Candidates frequently overlook the Deterministic Replay requirement fundamental to durable execution. Simply updating the Lambda function code breaks in-flight workflows because the replay logic (used to reconstruct state after crashes) diverges from the original execution path, causing non-deterministic exceptions. The solution implements explicit Workflow Versioning through event sourcing markers. When deploying v2.0, workers must concurrently support both v1.0 and v2.0 activity implementations within WebAssembly sandboxes or separate Docker sidecars. The workflow state records which code version executed each historical activity; during replay, the worker loads the specific historical version's sandbox to ensure deterministic re-execution of past steps, while new workflows utilize v2.0. After the maximum workflow duration (7 days plus a 24-hour safety buffer), v1.0 code can be decommissioned. This requires maintaining backward-compatible activity signatures indefinitely or employing Pact Contract Testing to verify behavioral equivalence between versions.
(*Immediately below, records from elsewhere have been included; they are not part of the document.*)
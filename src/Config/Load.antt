-- ===== src/Config/Load.antt =====
-- The loading of the configuration: backend-go/internal/config/config_loader.go. What `json.Unmarshal` leaves in memory is an
-- argument, and so are the fields that the raw JSON has. An old index below 0 is one past the end.
use ccx.Base.{
  ℕ, zero, suc, ◌≡◌, Bool, true, false, not, ◌&&◌, ◌||◌, Option, none, some, List, [], ◌∷◌, String,
  ◌-◌, leb, nat_eq, str_eq, if◌then◌else◌, any, length, map,
}
use ccx.Base.Results.{Result, fail, ok}
use ccx.Config.Types.{
  ChannelKind, messages, responses, gemini, chat, images, UpstreamConfig, Options, Config,
  channels_of, effective_status, default_service_type,
}
use ccx.Config.Urls.{normalize_upstream_service_type}
use ccx.Config.Manager.{ConfigManager, ConfigError, Host, set_channels, save_config_locked}
use ccx.Config.Update.{normalize_service_type}
pub mod Checked

abbrev pub max_backups : ℕ
max_backups = 10

-- 5 minutes, in nanoseconds.
abbrev pub default_key_recovery_time : ℕ
default_key_recovery_time = 300000000000

abbrev pub default_max_failure_count : ℕ
default_max_failure_count = 3

unfoldable pub new_config_manager : Config → ConfigManager
new_config_manager cfg = record {
  config = cfg;
  failed_keys_cache = [];
  key_recovery_time = default_key_recovery_time;
  max_failure_count = default_max_failure_count;
  file = none;
}

unfoldable pub default_config : Config
default_config = record {
  upstream = [];
  current_upstream = 0;
  responses_upstream = [];
  current_responses_upstream = 0;
  gemini_upstream = [];
  chat_upstream = [];
  images_upstream = [];
  fuzzy_mode_enabled = true;
  strip_billing_header = true;
}

-- What the raw JSON of a channel says of the two old names of `codexToolCompat`; `none` where the field is missing, and
-- `some none` where it is no Boolean.
pub record RawChannel : Type 0 where
  pub codex_tools_compat : Option (Option Bool)
  pub strip_codex_client_tools : Option (Option Bool)

-- What the raw JSON says; the channels of a kind are `none` where the field is missing or no list of objects.
pub record RawConfig : Type 0 where
  pub has_fuzzy_mode_enabled : Bool
  pub has_strip_billing_header : Bool
  pub raw_channels : ChannelKind → Option (List RawChannel)

-- The configuration, and whether it needs to be saved.
unfoldable pub apply_config_defaults : RawConfig → Config → Config × Bool
apply_config_defaults raw cfg = (
  record cfg {
    fuzzy_mode_enabled = not raw.has_fuzzy_mode_enabled || cfg.fuzzy_mode_enabled;
    strip_billing_header = not raw.has_strip_billing_header || cfg.strip_billing_header;
  },
  not raw.has_fuzzy_mode_enabled || not raw.has_strip_billing_header,
)

abbrev pub with_codex_tool_compat : Bool → UpstreamConfig → UpstreamConfig × Bool
with_codex_tool_compat b u =
    (record u { options = record u.options { codex_tool_compat = some b } }, true)

unfoldable pub migrate_codex_tool_compat : RawChannel → UpstreamConfig → UpstreamConfig × Bool
migrate_codex_tool_compat raw u = elim u.options.codex_tool_compat [
  | some b ↦ (u, false)
  | none ↦ elim raw.codex_tools_compat [
    | some (some b) ↦ with_codex_tool_compat b u
    | some none ↦ (u, false)
    | none ↦ elim raw.strip_codex_client_tools [
      | some (some true) ↦ with_codex_tool_compat true u
      | some (some false) ↦ (u, false)
      | some none ↦ (u, false)
      | none ↦ (u, false)
    ]
  ]
]

unfoldable pub migrate_codex_channels :
    List RawChannel → List UpstreamConfig → List UpstreamConfig × Bool
unfolding migrate_codex_tool_compat
migrate_codex_channels raws [] = ([], false)
migrate_codex_channels [] (u ∷ us) = (u ∷ us, false)
migrate_codex_channels (raw ∷ raws) (u ∷ us) =
    let first = migrate_codex_tool_compat raw u in
    let rest = migrate_codex_channels raws us in (first.0 ∷ rest.0, first.1 || rest.1)

-- A pass over the channels of one kind, in the configuration.
abbrev pub over_kind :
    (ChannelKind → List UpstreamConfig → List UpstreamConfig × Bool)
    → ChannelKind
    → Config × Bool
    → Config × Bool
unfolding channels_of set_channels
over_kind f kind (cfg, changed) =
    let updated = f kind (channels_of cfg kind) in
    (set_channels kind updated.0 cfg, changed || updated.1)

-- A pass over the channels of the kinds, one kind after the other.
unfoldable pub over_kinds :
    (ChannelKind → List UpstreamConfig → List UpstreamConfig × Bool)
    → List ChannelKind
    → Config × Bool
    → Config × Bool
unfolding over_kind
over_kinds f [] c = c
over_kinds f (kind ∷ kinds) c = over_kinds f kinds (over_kind f kind c)

unfoldable pub apply_codex_tool_compat_migration : RawConfig → Config → Config × Bool
unfolding over_kinds migrate_codex_channels
apply_codex_tool_compat_migration raw cfg =
    over_kinds
      (λ kind us. elim (raw.raw_channels kind) [
        | none ↦ (us, false)
        | some raws ↦ migrate_codex_channels raws us
      ])
      (messages ∷ responses ∷ gemini ∷ chat ∷ images ∷ []) (cfg, false)

-- The service type that a channel gets; an image channel that has another than "openai" gets that.
unfoldable pub service_type_or_default : ChannelKind → String → String
unfolding normalize_service_type
service_type_or_default kind raw = elim (normalize_service_type kind raw) [
  | fail e ↦ "openai"
  | ok normalized ↦ normalized
]

abbrev pub fails : {A : Type 0} → Result ConfigError A → Bool
fails (fail e) = true
fails (ok a) = false

unfoldable pub default_service_types :
    ChannelKind → List UpstreamConfig → List UpstreamConfig × Bool
unfolding service_type_or_default normalize_service_type
default_service_types kind [] = ([], false)
default_service_types kind (u ∷ us) =
    let rest = default_service_types kind us in
    let own = service_type_or_default kind u.service_type in
    (
      record u { service_type = own } ∷ rest.0,
      fails (normalize_service_type kind u.service_type)
          || not (str_eq u.service_type own)
          || rest.1,
    )

unfoldable pub apply_service_type_defaults : Config → Config × Bool
unfolding over_kinds default_service_types
apply_service_type_defaults cfg =
    over_kinds default_service_types (messages ∷ responses ∷ gemini ∷ chat ∷ images ∷ [])
      (cfg, false)

-- The first loop of `migrateUpstreams`.
abbrev pub has_status : UpstreamConfig → Bool
has_status u = not (str_eq u.status "")

abbrev pub with_status : String → UpstreamConfig → UpstreamConfig
with_status status u = record u { status = status }

unfoldable pub activate_only : ℕ → List UpstreamConfig → List UpstreamConfig
activate_only i [] = []
activate_only zero (u ∷ us) = with_status "active" u ∷ map (with_status "disabled") us
activate_only (suc i) (u ∷ us) = with_status "disabled" u ∷ activate_only i us

unfoldable pub migrate_upstreams : ℕ → List UpstreamConfig → List UpstreamConfig × Bool
unfolding activate_only
migrate_upstreams current us =
    if nat_eq (length us) 0 || any has_status us
    then (us, false)
    else (activate_only (if leb (length us) current then 0 else current) us, true)

unfoldable pub migrate_old_format : Config → Config × Bool
unfolding migrate_upstreams
migrate_old_format cfg =
    let first = migrate_upstreams cfg.current_upstream cfg.upstream in
    let second = migrate_upstreams cfg.current_responses_upstream cfg.responses_upstream in
    (record cfg { upstream = first.0; responses_upstream = second.0 }, first.1 || second.1)

abbrev pub lacks_keys : UpstreamConfig → Bool
lacks_keys u = str_eq (effective_status u) "active" && nat_eq (length u.api_keys) 0

unfoldable pub suspend_without_keys : ChannelKind → List UpstreamConfig → List UpstreamConfig × Bool
suspend_without_keys kind [] = ([], false)
suspend_without_keys kind (u ∷ us) =
    let rest = suspend_without_keys kind us in
    if lacks_keys u then (with_status "suspended" u ∷ rest.0, true) else (u ∷ rest.0, rest.1)

unfoldable pub validate_channel_keys : Config → Config × Bool
unfolding over_kinds suspend_without_keys
validate_channel_keys cfg =
    over_kinds suspend_without_keys (messages ∷ responses ∷ chat ∷ gemini ∷ images ∷ [])
      (cfg, false)

-- The configuration in memory is `cfg`; it is saved where that is needed, and the error is that of the write.
abbrev pub save_if : Host → ConfigManager → Config × Bool → ConfigManager × Option ConfigError
unfolding save_config_locked
save_if host m (cfg, true) = save_config_locked host (record m { config = cfg })
save_if host m (cfg, false) = (record m { config = cfg }, none)

abbrev pub validated :
    Host → ConfigManager × Option ConfigError → ConfigManager × Option ConfigError
unfolding save_if validate_channel_keys
validated host (m, some e) = (m, some e)
validated host (m, none) = save_if host m (validate_channel_keys m.config)

-- `loadConfig` up to its second call of `saveConfigLocked`.
unfoldable pub load_migrated :
    Host → RawConfig → Config → ConfigManager → ConfigManager × Option ConfigError
unfolding save_if apply_config_defaults apply_service_type_defaults
    apply_codex_tool_compat_migration migrate_old_format
load_migrated host raw cfg m =
    let defaults = apply_config_defaults raw cfg in
    let typed = apply_service_type_defaults defaults.0 in
    let compat = apply_codex_tool_compat_migration raw typed.0 in
    let migrated = migrate_old_format compat.0 in
    save_if host m (migrated.0, defaults.1 || typed.1 || compat.1 || migrated.1)

-- `loadConfig` of a file that is there and that `json.Unmarshal` reads.
unfoldable pub load_config :
    Host → RawConfig → Config → ConfigManager → ConfigManager × Option ConfigError
unfolding validated load_migrated
load_config host raw cfg m = validated host (load_migrated host raw cfg m)

-- `createDefaultConfig`, for a file that is not there.
unfoldable pub create_default_config : Host → ConfigManager → ConfigManager × Option ConfigError
unfolding save_config_locked default_config
create_default_config host m = save_config_locked host (record m { config = default_config })

-- How many of the `count` backups `cleanupOldBackups` removes, the oldest first.
unfoldable pub backups_removed : ℕ → ℕ
backups_removed count = if leb count max_backups then 0 else count - max_backups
How do you protect against "poison pill" workflows containing infinite loops or memory leaks in user code without breaking exactly-once guarantees for healthy workflows?
Simple Dead Letter Queues (DLQ) actually violate exactly-once semantics because moving a message to a DLQ requires acknowledging the original message, risking message loss if the DLQ write fails or the consumer crashes mid-operation. The robust solution employs Progress Tracking with idempotent checkpointing. Workers heartbeat every 30 seconds, writing progress tokens to etcd or CockroachDB using compare-and-swap operations. If a worker crashes three times consecutively on the same workflow task (detected via an execution attempt counter stored in the database), the task is flagged as "poisoned" but remains in the queue with an exponentially increasing visibility delay (1 minute, 5 minutes, 30 minutes). A separate "surgical" worker pool with enhanced observability, memory limits, and detailed OpenTelemetry tracing then attempts execution. Only after 24 hours of persistent failures does the workflow transition to a "suspended" state requiring manual operator intervention, preserving the exactly-once invariant throughout because all state transitions utilize MVCC timestamps in CockroachDB for atomic compare-and-swap operations.